Abbiamo più volte chiarito come la fase odierna del conflitto di classe segni un secco arretramento della parte proletaria nei confronti della borghesia. I tempi e le forme concrete – materiali e politiche – di questo arretramento hanno contraddistinto nuovi livelli di subordinazione del proletariato alle necessità borghesi nella crisi, ma ciò che interessa rilevare per quello che riguarda questo scritto è che a tale secca perdita di posizioni di forza ha corrisposto, in maniera massiccia, la perdita della coscienza della possibilità di una “alternativa” al sistema, almeno rispetto alle fasi precedenti, nelle quali tale coscienza dell'alternativa ancora viveva, seppur confusamente, ovvero mediata dal riferimento al riformismo socialdemocratico e alla presenza del blocco sovietico.

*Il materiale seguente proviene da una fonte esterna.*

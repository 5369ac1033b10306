-- ===== src/Rule/Choice/Recovery.antt =====
-- That the choice of polaris/plugin/service_router/rule_router.cpp ends with instances.
use polaris_cpp.Base.{
  ℕ, ◌+◌, ◌%◌, ◌^◌, ◌≤◌, ◌<◌, Bool, true, false, Option, none, some, List, [], ◌∷◌, ◌++◌, length,
  not, ltb, leb, ◌==◌, ◌≡◌, ◌≢◌, refl, sym, ap, ◌∙◌, arith, inl, inr, Bool-cases, All, add32,
  length-append,
}
use native.Mathlib.Nat.{mod-lt}
use polaris_cpp.Router.Instances.{is_empty}
use polaris_cpp.Rule.Destination.{RuleRouterSet}
use polaris_cpp.Rule.RouteRule.{Data}
use polaris_cpp.Rule.Cluster.Served.{served}
use polaris_cpp.Rule.Choice.{
  RouteResult, InstancesSet, RuleRouterCacheValue, Routed, routed, instances_set, recovered, enters,
  result_round, calculate_route_result, weight_in, weigh_loop, first_above, select_set, use_value,
}
use polaris_cpp.Rule.Choice.Weights.{total, cumulative, passes, weigh_loop_is}

-- The instances of a cluster's sets.
abbrev pub instances_of : List RuleRouterSet → ℕ
instances_of [] = 0
instances_of (set ∷ sets) = length set.healthy_ + length set.unhealthy_ + instances_of sets

abbrev pub some_healthy : InstancesSet → Bool
some_healthy s = not (is_empty s.instances_)

-- The weights as the sets hold them.
abbrev weights : List RuleRouterSet → ℕ
weights [] = 0
weights (set ∷ sets) = set.weight_ + weights sets

abbrev Alive : RuleRouterSet → Type 0
Alive set = some_healthy (instances_set set) ≡ true

is_empty_none : {A : Type 0} (xs : List A) → 0 < length xs → is_empty xs ≡ false
is_empty_none [] h = ground (arith, h)
is_empty_none (x ∷ xs) h = refl

module _ (enough : ℕ → ℕ → Bool) where
  result_round-Alive :
      (downgrade : Bool) (sets : List RuleRouterSet) (sum_weight : ℕ)
      → All Alive (result_round enough downgrade sets sum_weight).0
  unfolding result_round
  result_round-Alive downgrade [] sum_weight = tt
  result_round-Alive downgrade (set ∷ sets) sum_weight =
      elim (Bool-cases (enters enough downgrade set)) [
        | inl e ↦
            rw (result_round, e)
              (
                ground (arith, e),
                result_round-Alive downgrade sets
                    (add32 sum_weight (recovered enough downgrade set).weight_),
              )
        | inr e ↦ rw (result_round, e) (result_round-Alive downgrade sets sum_weight)
      ]

  -- A round whose sets have no weight adds nothing.
  result_round_weightless :
      (downgrade : Bool) (sets : List RuleRouterSet)
      → weights (result_round enough downgrade sets 0).0 ≡ 0
      → (result_round enough downgrade sets 0).1 ≡ 0
  unfolding result_round
  result_round_weightless downgrade [] z = refl
  result_round_weightless downgrade (set ∷ sets) z =
      let w = (recovered enough downgrade set).weight_ in
      elim (Bool-cases (enters enough downgrade set)) [
        | inr e ↦
            rw (result_round, e)
              (result_round_weightless downgrade sets (rw (result_round, e) at z))
        | inl e ↦
            let rest : ℕ → List RuleRouterSet × ℕ = result_round enough downgrade sets in
            let all : w + weights (rest (add32 0 w)).0 ≡ 0 = rw (result_round, e) at z in
            let start : add32 0 w ≡ 0 = let w0 : w ≡ 0 = omega (arith, all) in rw w0 refl in
            let z' : weights (rest 0).0 ≡ 0 =
              ap (λ n. weights (rest n).0) (sym start) ∙ omega (arith, all) in
            rw (result_round, e)
              (ap (λ n. (rest n).1) start ∙ result_round_weightless downgrade sets z')
      ]

  module _ (full : (n : ℕ) → 0 < n → enough n n ≡ true) where
    enters_recovered :
        (set : RuleRouterSet)
        → 0 < length set.healthy_ + length set.unhealthy_
        → enters enough true set ≡ true
    enters_recovered set pos =
        let n = length-append set.healthy_ set.unhealthy_ in
        let size = length set.healthy_ + length set.unhealthy_ in
        let e : is_empty (set.healthy_ ++ set.unhealthy_) ≡ false =
          is_empty_none (set.healthy_ ++ set.unhealthy_) (omega (arith, n, pos)) in
        rw (e, n, full size pos) refl

    second_round :
        (sets : List RuleRouterSet) (sum_weight : ℕ)
        → 0 < instances_of sets
        → is_empty (result_round enough true sets sum_weight).0 ≡ false
    unfolding result_round
    second_round [] sum_weight pos = ground (arith, pos)
    second_round (set ∷ sets) sum_weight pos = elim (Bool-cases (enters enough true set)) [
      | inl e ↦ rw (result_round, e) refl
      | inr e ↦
          rw (result_round, e)
            (let none_here : ¬ (0 < length set.healthy_ + length set.unhealthy_) =
                λ q. let c = enters_recovered set q in cc in
              second_round sets sum_weight (ground (arith, none_here, pos)))
    ]

no_weights : (sets : List RuleRouterSet) → is_empty sets ≡ true → weights sets ≡ 0
no_weights [] e = refl
no_weights (set ∷ sets) e = cc

module _ (sum_weight : ℕ) where
  total_weights :
      (sets : List RuleRouterSet) → leb sum_weight 0 ≡ false → total sum_weight sets ≡ weights sets
  total_weights [] e = refl
  total_weights (set ∷ sets) e = rw (e, total_weights sets e) refl

  total_default :
      (sets : List RuleRouterSet)
      → is_empty sets ≡ false
      → leb sum_weight 0 ≡ true
      → 0 < total sum_weight sets
  total_default [] n e = cc
  total_default (set ∷ sets) n e = rw e (omega arith)

  pick-Alive :
      (sets : List RuleRouterSet) (weight r : ℕ)
      → All Alive sets
      → r < weight + total sum_weight sets
      → weight ≤ r
      → passes sum_weight some_healthy (first_above (cumulative sum_weight weight sets) r) ≡ true
  unfolding first_above
  pick-Alive [] weight r a lt le = ground (arith, lt, le)
  pick-Alive (set ∷ sets) weight r (p, a) lt le =
      let w = weight_in sum_weight set in
      elim (Bool-cases (leb w 0)) [
        | inl e ↦ rw e (pick-Alive sets weight r a (ground (arith, e, lt)) le)
        | inr e ↦ elim (Bool-cases (ltb r (weight + w))) [
          | inl f ↦ rw (e, first_above, f) p
          | inr f ↦
              rw (e, first_above, f)
                (pick-Alive sets (weight + w) r a (omega (arith, lt)) (ground (arith, f)))
        ]
      ]

-- The value of the cache for the sets that CalculateSubset left.
abbrev pub value_of : RouteResult → RuleRouterCacheValue
value_of r = record {
  is_redirect_ = false;
  redirect_service_ = record { namespace_ = []; name_ = [] };
  subsets_ = (weigh_loop r.sum_weight r.result 0 []).1;
  subset_sum_weight_ = (weigh_loop r.sum_weight r.result 0 []).0;
}

-- A request gets instances.
abbrev pub GetsInstances : Routed → Type 0
GetsInstances routing = (s : InstancesSet) × ((routing ≡ routed (some s)) × (some_healthy s ≡ true))

some_passes :
    (sum_weight : ℕ) (o : Option InstancesSet)
    → passes sum_weight some_healthy o ≡ true
    → GetsInstances (routed o)
some_passes sum_weight none e = cc
some_passes sum_weight (some s) e = (s, (refl, e))

use-Alive :
    (r : RouteResult) (random : ℕ)
    → All Alive r.result
    → 0 < total r.sum_weight r.result
    → total r.sum_weight r.result < 2 ^ 32
    → GetsInstances (use_value (value_of r) random)
unfolding use_value select_set
use-Alive r random a pos fits =
    let t = total r.sum_weight r.result in
    let z : 0 + t ≡ t = omega arith in
    let is : weigh_loop r.sum_weight r.result 0 [] ≡ (t, cumulative r.sum_weight 0 r.result) =
      weigh_loop_is r.sum_weight r.result 0 [] (omega (arith, fits)) tt
      ∙ ap (λ n. (n, cumulative r.sum_weight 0 r.result)) z in
    let not_zero : (t == 0) ≡ false = ground (arith, pos) in
    rw (use_value, is, not_zero)
      (some_passes r.sum_weight (first_above (cumulative r.sum_weight 0 r.result) (random % t)) (
        pick-Alive r.sum_weight r.result 0 (random % t) a (omega (arith, mod-lt random pos))
          (omega arith)))

module _ (enough : ℕ → ℕ → Bool) where
  -- A round that finds sets leaves a sum to draw from.
  round_total :
      (downgrade : Bool) (sets : List RuleRouterSet)
      → is_empty (result_round enough downgrade sets 0).0 ≡ false
      → 0 < total (result_round enough downgrade sets 0).1 (result_round enough downgrade sets 0).0
  round_total downgrade sets n =
      let r = result_round enough downgrade sets 0 in
      elim (Bool-cases (leb r.1 0)) [
        | inl e ↦ total_default r.1 r.0 n e
        | inr e ↦
            let w : weights r.0 ≢ 0 = λ z.
              let y = result_round_weightless enough downgrade sets z in ground (arith, y, e) in
            let t = total_weights r.1 r.0 e in ground (arith, w, t)
      ]

  empty_round :
      (downgrade : Bool) (sets : List RuleRouterSet)
      → is_empty (result_round enough downgrade sets 0).0 ≡ true
      → (result_round enough downgrade sets 0).1 ≡ 0
  empty_round downgrade sets e =
      result_round_weightless enough downgrade sets
        (no_weights (result_round enough downgrade sets 0).0 e)

  -- With the recovery of unhealthy instances enabled, and a share of healthy instances that all of
  -- them always reach, a request gets instances, whatever the random value is, as soon as a set of
  -- the highest priority has an instance, healthy or not, where the weights that the choice draws
  -- from add up to less than 2 ^ 32.
  pub route_never_empty :
      (full : (n : ℕ) → 0 < n → enough n n ≡ true) (data_ : Data) (random : ℕ)
      → 0 < instances_of (served data_)
      → total
          (calculate_route_result enough true data_).sum_weight
          (calculate_route_result enough true data_).result
        < 2 ^ 32
      → GetsInstances (use_value (value_of (calculate_route_result enough true data_)) random)
  unfolding calculate_route_result
  route_never_empty full [] random pos fits = ground (arith, pos)
  route_never_empty full ((p, sets) ∷ data_) random pos fits =
      let first = result_round enough false sets 0 in
      let result : RouteResult = calculate_route_result enough true ((p, sets) ∷ data_) in
      elim (Bool-cases (not (is_empty first.0))) [
        | inl e ↦
            let is : result ≡ record { result = first.0; sum_weight = first.1; downgrade = false } =
              rw (calculate_route_result, e) refl in
            rw is (
              use-Alive (record { result = first.0; sum_weight = first.1; downgrade = false })
                random (result_round-Alive enough false sets 0)
                (round_total false sets (ground (arith, e))) (rw is at fits))
        | inr e ↦
            let second = result_round enough true sets 0 in
            let z : first.1 ≡ 0 = empty_round false sets (ground (arith, e)) in
            let is : result
                ≡ record { result = second.0; sum_weight = second.1; downgrade = true } =
              rw (calculate_route_result, e, z) refl in
            rw is (
              use-Alive (record { result = second.0; sum_weight = second.1; downgrade = true })
                random (result_round-Alive enough true sets 0)
                (round_total true sets (second_round enough full sets 0 pos)) (rw is at fits))
      ]
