-- ===== src/Rule/Cluster/TakesOver.antt =====
-- Where the loops of polaris/plugin/service_router/rule_router.cpp find no set that takes over.
use polaris_cpp.Base.{
  true, false, none, List, [], ◌∷◌, not, ◌≡◌, refl, ap, ◌∙◌, arith, inl, inr, Bool-cases, String,
}
use polaris_cpp.Router.Instances.{is_empty}
use polaris_cpp.Rule.Destination.{RuleRouterSet}
use polaris_cpp.Rule.RouteRule.{Data}
use polaris_cpp.Rule.Cluster.{
  SetCircuitBreakerUnhealthyInfo, sort_sets, takes_over, healthy_sets, get_healthy_subset,
  lower_loop,
}
use polaris_cpp.Rule.Cluster.Served.{some_takes_over, any_takes_over}

module _ {F : Type 0} (circuit_breaker_sets : List (String × SetCircuitBreakerUnhealthyInfo F))
    (labels : String) where
  -- A set that takes over goes to the healthy vector.
  pub sort_sets-takes_over :
      (sets : List RuleRouterSet)
      → is_empty (sort_sets circuit_breaker_sets labels sets).cluster_healthy ≡ true
      → some_takes_over circuit_breaker_sets labels sets ≡ false
  unfolding sort_sets takes_over
  sort_sets-takes_over [] e = refl
  sort_sets-takes_over (set ∷ sets) e = elim (Bool-cases set.isolated_) [
    | inl i ↦ ground (arith, i, e, sort_sets-takes_over sets)
    | inr i ↦ ground (arith, i, e, sort_sets-takes_over sets)
  ]

  healthy_sets_empty :
      (sets : List RuleRouterSet)
      → is_empty (healthy_sets circuit_breaker_sets labels sets)
        ≡ not (some_takes_over circuit_breaker_sets labels sets)
  unfolding healthy_sets
  healthy_sets_empty [] = refl
  healthy_sets_empty (set ∷ sets) = elim (Bool-cases (takes_over circuit_breaker_sets labels set)) [
    | inl e ↦ rw (healthy_sets, e) refl
    | inr e ↦ rw (healthy_sets, e) (healthy_sets_empty sets)
  ]

  healthy_sets-takes_over :
      (sets : List RuleRouterSet)
      → (get_healthy_subset circuit_breaker_sets labels sets).0 ≡ false
      → some_takes_over circuit_breaker_sets labels sets ≡ false
  unfolding get_healthy_subset
  healthy_sets-takes_over [] e = refl
  healthy_sets-takes_over (set ∷ sets) e =
      let h = healthy_sets_empty (set ∷ sets) in
      elim (Bool-cases (some_takes_over circuit_breaker_sets labels (set ∷ sets))) [
        | inr f ↦ f
        | inl t ↦
            let q : is_empty (healthy_sets circuit_breaker_sets labels (set ∷ sets)) ≡ false =
              h ∙ ap not t in
            ground (arith, q, e)
      ]

  pub lower_loop-takes_over :
      (data_ : Data)
      → lower_loop circuit_breaker_sets labels data_ ≡ none
      → any_takes_over circuit_breaker_sets labels data_ ≡ false
  unfolding lower_loop
  lower_loop-takes_over [] e = refl
  lower_loop-takes_over ((p, sets) ∷ data_) e =
      ground (arith, e, healthy_sets-takes_over sets, lower_loop-takes_over data_)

Tale idea di alternativa è stata quindi attaccata in maniera massiccia e le sue rimanenze erose progressivamente.

Il fatto che l'ideologia dominante sia quella della classe dominante, non ha potuto che trovare conferma in tutta la fase che ci è scorsa sotto gli occhi negli ultimi decenni.

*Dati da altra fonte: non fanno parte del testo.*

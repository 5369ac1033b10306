-- ===== src/Rule/Cluster/Subset.antt =====
-- RuleRouterCluster::CalculateSubset of polaris/plugin/service_router/rule_router.cpp: which sets it
-- leaves to serve.
use polaris_cpp.Base.{
  ℕ, true, false, none, some, List, [], ◌∷◌, ◌||◌, not, ◌≡◌, ◌≢◌, ◌⊎◌, refl, sym, ap, arith, inl,
  inr, Bool-cases, Option-cases, String, All,
}
use polaris_cpp.CircuitBreaker.Status.{CircuitBreakerStatus, close, half_open, opened, preserved}
use polaris_cpp.Router.Instances.{is_empty}
use polaris_cpp.Rule.Destination.{RuleRouterSet}
use polaris_cpp.Rule.RouteRule.{Data}
use polaris_cpp.Rule.Cluster.{
  Rates, SetCircuitBreakerUnhealthyInfo, Sorted, Kept, set_status, get_set_breaker_info, sort_sets,
  get_healthy_and_half_open_subset, takes_over, healthy_sets, get_healthy_subset, lower_loop,
  serve_kept, calculate_subset,
}
use polaris_cpp.Rule.Cluster.Served.{
  served, status, some_takes_over, any_takes_over, share_loop-All,
}
use polaris_cpp.Rule.Cluster.TakesOver.{sort_sets-takes_over, lower_loop-takes_over}

status_cases :
    (s : CircuitBreakerStatus) → ((s ≡ opened) ⊎ (s ≡ half_open)) ⊎ ((s ≡ close) ⊎ (s ≡ preserved))
status_cases close = inr (inl refl)
status_cases half_open = inl (inr refl)
status_cases opened = inl (inl refl)
status_cases preserved = inr (inr refl)

module _ {F : Type 0} (circuit_breaker_sets : List (String × SetCircuitBreakerUnhealthyInfo F))
    (labels : String) where
  module _ (rates : Rates F) (P : RuleRouterSet → Type 0)
      (weight_free : (set : RuleRouterSet) (w : ℕ) → P set → P (record set { weight_ = w }))
      (ok : (set : RuleRouterSet)
        → set.isolated_ ≡ false
        → status circuit_breaker_sets labels set ≢ opened
        → P set) where
    taken_ok : (set : RuleRouterSet) → takes_over circuit_breaker_sets labels set ≡ true → P set
    unfolding takes_over
    taken_ok set e = ok set (ground (arith, e)) (λ o. ground (arith, o, e))

    healthy_sets-All :
        (sets : List RuleRouterSet) → All P (healthy_sets circuit_breaker_sets labels sets)
    unfolding healthy_sets
    healthy_sets-All [] = tt
    healthy_sets-All (set ∷ sets) = elim (Bool-cases (takes_over circuit_breaker_sets labels set)) [
      | inl e ↦ rw (healthy_sets, e) (taken_ok set e, healthy_sets-All sets)
      | inr e ↦ rw (healthy_sets, e) (healthy_sets-All sets)
    ]

    -- The vectors of the sort: the healthy and the half-open sets, and the open ones.
    abbrev AllSorted : Sorted → Type 0
    AllSorted s =
        All P s.cluster_healthy
        × (All P s.cluster_halfopen × All (λ set. set.isolated_ ≡ false) s.cluster_unhealthy)

    sort_sets-All :
        (sets : List RuleRouterSet) → AllSorted (sort_sets circuit_breaker_sets labels sets)
    unfolding sort_sets
    sort_sets-All [] = (tt, (tt, tt))
    sort_sets-All (set ∷ sets) =
        let rest = sort_sets-All sets in
        elim (Bool-cases set.isolated_) [
          | inl i ↦ rw (sort_sets, i) rest
          | inr i ↦ elim (status_cases (status circuit_breaker_sets labels set)) [
            | inl (inl e) ↦ rw (sort_sets, i, e) (rest.0, (rest.1.0, (i, rest.1.1)))
            | inl (inr e) ↦
                rw (sort_sets, i, e) (rest.0, ((ok set i (λ o. cc), rest.1.0), rest.1.1))
            | inr (inl e) ↦ rw (sort_sets, i, e) ((ok set i (λ o. cc), rest.0), rest.1)
            | inr (inr e) ↦ rw (sort_sets, i, e) ((ok set i (λ o. cc), rest.0), rest.1)
          ]
        ]

    -- The sets are all of the kind, or nothing takes over anywhere and they are not isolated.
    abbrev Served : Data → Data → Type 0
    Served before after =
        All P (served after)
        ⊎ ((any_takes_over circuit_breaker_sets labels before ≡ false)
            × All (λ set. set.isolated_ ≡ false) (served after))

    get_healthy_subset-All :
        (sets : List RuleRouterSet)
        → (get_healthy_subset circuit_breaker_sets labels sets).0 ≡ true
        → All P (get_healthy_subset circuit_breaker_sets labels sets).1
    unfolding get_healthy_subset
    get_healthy_subset-All [] e = tt
    get_healthy_subset-All (set ∷ sets) e =
        let found = healthy_sets circuit_breaker_sets labels (set ∷ sets) in
        elim (Bool-cases (not (is_empty found))) [
          | inl t ↦ rw (get_healthy_subset, t) (healthy_sets-All (set ∷ sets))
          | inr t ↦ let bad : ⊥ = ground (arith, t, e) in elim bad [ ]
        ]

    lower_loop-All :
        (data_ : Data) (p : ℕ) (sets : List RuleRouterSet)
        → lower_loop circuit_breaker_sets labels data_ ≡ some (p, sets)
        → All P sets
    unfolding lower_loop get_healthy_subset
    lower_loop-All [] p sets e = cc
    lower_loop-All ((q, here) ∷ data_) p sets e =
        elim (Bool-cases (get_healthy_subset circuit_breaker_sets labels here).0) [
          | inl t ↦
              let found = (get_healthy_subset circuit_breaker_sets labels here).1 in
              let h : some (q, found) ≡ some (p, sets) = rw (lower_loop, t) at e in
              let same : found ≡ sets = ground (arith, h) in
              rw (sym same) (get_healthy_subset-All here t)
          | inr t ↦ lower_loop-All data_ p sets (rw (lower_loop, t) at e)
        ]

    lowered :
        (p : ℕ) (sets kept : List RuleRouterSet) (data_ : Data)
        → some_takes_over circuit_breaker_sets labels sets ≡ false
        → All (λ set. set.isolated_ ≡ false) kept
        → Served ((p, sets) ∷ data_) (elim (lower_loop circuit_breaker_sets labels data_) [
          | some replaced ↦ replaced ∷ []
          | none ↦ (p, kept) ∷ data_
        ])
    lowered p sets kept data_ h a =
        elim (Option-cases (lower_loop circuit_breaker_sets labels data_)) [
          | inl e ↦ rw e (
              inr (ground (arith, h, lower_loop-takes_over circuit_breaker_sets labels data_ e), a))
          | inr ((q, found), e) ↦ rw e (inl (lower_loop-All data_ q found e))
        ]

    serve_kept-Served :
        (p : ℕ) (sets : List RuleRouterSet) (data_ : Data) (kept : Kept)
        → All P kept.cluster_halfopen
        → (kept.found ≡ true) × All P kept.cluster
          ⊎ ((kept.found ≡ false)
              × ((some_takes_over circuit_breaker_sets labels sets ≡ false)
                  × All (λ set. set.isolated_ ≡ false) kept.cluster))
        → Served ((p, sets) ∷ data_) (serve_kept circuit_breaker_sets labels rates p kept data_)
    unfolding serve_kept
    serve_kept-Served p sets data_ kept h (inl (f, a)) =
        rw (serve_kept, f)
          (inl (
            share_loop-All circuit_breaker_sets labels rates P weight_free taken_ok
              kept.cluster_halfopen ((p, kept.cluster) ∷ data_) h a))
    serve_kept-Served p sets data_ kept h (inr (f, (n, a))) =
        rw (serve_kept, f) (lowered p sets kept.cluster data_ n a)

    -- CalculateSubset by what GetHealthyAndHalfOpenSubSet keeps.
    by_kept :
        (p : ℕ) (sets : List RuleRouterSet) (data_ : Data) (kept : Kept)
        → get_healthy_and_half_open_subset circuit_breaker_sets labels sets ≡ kept
        → calculate_subset circuit_breaker_sets labels rates ((p, sets) ∷ data_)
          ≡ serve_kept circuit_breaker_sets labels rates p kept data_
    unfolding calculate_subset
    by_kept p sets data_ kept e = ap (λ k. serve_kept circuit_breaker_sets labels rates p k data_) e

    -- What it keeps of sets, with the facts about them.
    abbrev KeptOf : List RuleRouterSet → Type 0
    KeptOf sets =
        (kept : Kept) × ((get_healthy_and_half_open_subset circuit_breaker_sets labels sets ≡ kept)
          × (All P kept.cluster_halfopen
              × ((kept.found ≡ true) × All P kept.cluster
                  ⊎ ((kept.found ≡ false)
                      × ((some_takes_over circuit_breaker_sets labels sets ≡ false)
                          × All (λ set. set.isolated_ ≡ false) kept.cluster)))))

    kept_of : (sets : List RuleRouterSet) → KeptOf sets
    unfolding get_healthy_and_half_open_subset
    kept_of [] = (
      record { found = false; cluster = []; cluster_halfopen = [] },
      (refl, (tt, inr (refl, (refl, tt)))),
    )
    kept_of (set ∷ sets) =
        let s = sort_sets circuit_breaker_sets labels (set ∷ sets) in
        let a = sort_sets-All (set ∷ sets) in
        elim (Bool-cases (not (is_empty s.cluster_healthy) || not (is_empty s.cluster_halfopen))) [
          | inl t ↦ (
            record {
              found = true;
              cluster = s.cluster_healthy;
              cluster_halfopen = s.cluster_halfopen;
            },
            (rw (get_healthy_and_half_open_subset, t) refl, (a.1.0, inl (refl, a.0))),
          )
          | inr t ↦ (
            record {
              found = false;
              cluster = s.cluster_unhealthy;
              cluster_halfopen = s.cluster_halfopen;
            },
            (
              rw (get_healthy_and_half_open_subset, t) refl,
              (
                a.1.0,
                inr (
                  refl,
                  (
                    sort_sets-takes_over circuit_breaker_sets labels (set ∷ sets)
                        (ground (arith, t)),
                    a.1.1,
                  ),
                ),
              ),
            ),
          )
        ]

    none_served : calculate_subset circuit_breaker_sets labels rates [] ≡ []
    unfolding calculate_subset
    none_served = refl

    calculate_subset-Served :
        (data_ : Data) → Served data_ (calculate_subset circuit_breaker_sets labels rates data_)
    calculate_subset-Served [] = rw none_served (inl tt)
    calculate_subset-Served ((p, sets) ∷ data_) =
        let k = kept_of sets in
        rw (by_kept p sets data_ k.0 k.1.0) (serve_kept-Served p sets data_ k.0 k.1.1.0 k.1.1.1)

  module _ (rates : Rates F) (data_ : Data) where
    -- No set that the rules isolate is among those that CalculateSubset leaves to serve.
    pub calculate_subset-isolated :
        All
          (λ set. set.isolated_ ≡ false)
          (served (calculate_subset circuit_breaker_sets labels rates data_))
    calculate_subset-isolated =
        elim (calculate_subset-Served rates (λ set. set.isolated_ ≡ false) (λ set w i. i)
          (λ set i n. i) data_) [ inl a ↦ a | inr (n, a) ↦ a ]

    -- When some set of any priority is not isolated and has no breaker, or a closed one, then none of
    -- the sets that CalculateSubset leaves to serve has an open breaker.
    pub calculate_subset_avoids_open :
        any_takes_over circuit_breaker_sets labels data_ ≡ true
        → All
            (λ set. status circuit_breaker_sets labels set ≢ opened)
            (served (calculate_subset circuit_breaker_sets labels rates data_))
    unfolding set_status get_set_breaker_info
    calculate_subset_avoids_open t =
        elim (calculate_subset-Served rates (λ set. status circuit_breaker_sets labels set ≢ opened)
          (λ set w n. n) (λ set i n. n) data_) [
            | inl a ↦ a
            | inr (n, a) ↦ let bad : ⊥ = ground (arith, n, t) in elim bad [ ]
          ]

Ovviamente, quello di cui stiamo parlando non è stato solo un processo ideologico, bensì un fenomeno complesso e complessivo che ha fatto da cornice ai processi ben più materiali di attacco alle condizioni di lavoro e di vita della classe proletaria, alla sua vecchia composizione e all'instaurazione di nuovi termini di sfruttamento allargato ed intensivo, termini necessari ad assecondare le esigenze del processo di valorizzazione del capitale nella attuale crisi. Si tratta di una dinamica a tutt'oggi in pieno svolgimento, che avanza per salti e strappi, ma che punta nel suo complesso a realizzare il totale asservimento della forza-lavoro quale variabile dipendente alle sempre più impellenti necessità borghesi. Ciò ha portato a quel processo che abbiamo sintetizzato con l'aggettivo di manchesterizzazione del proletariato ossia, tenendo presente che il concreto rapporto di sfruttamento messo in piedi, è andato consolidandosi con modalità tali da ratificare la separazione fra i diversi segmenti della forza-lavoro, ha portato cioè alla sua parcellizzazione, frantumazione e spoliazione.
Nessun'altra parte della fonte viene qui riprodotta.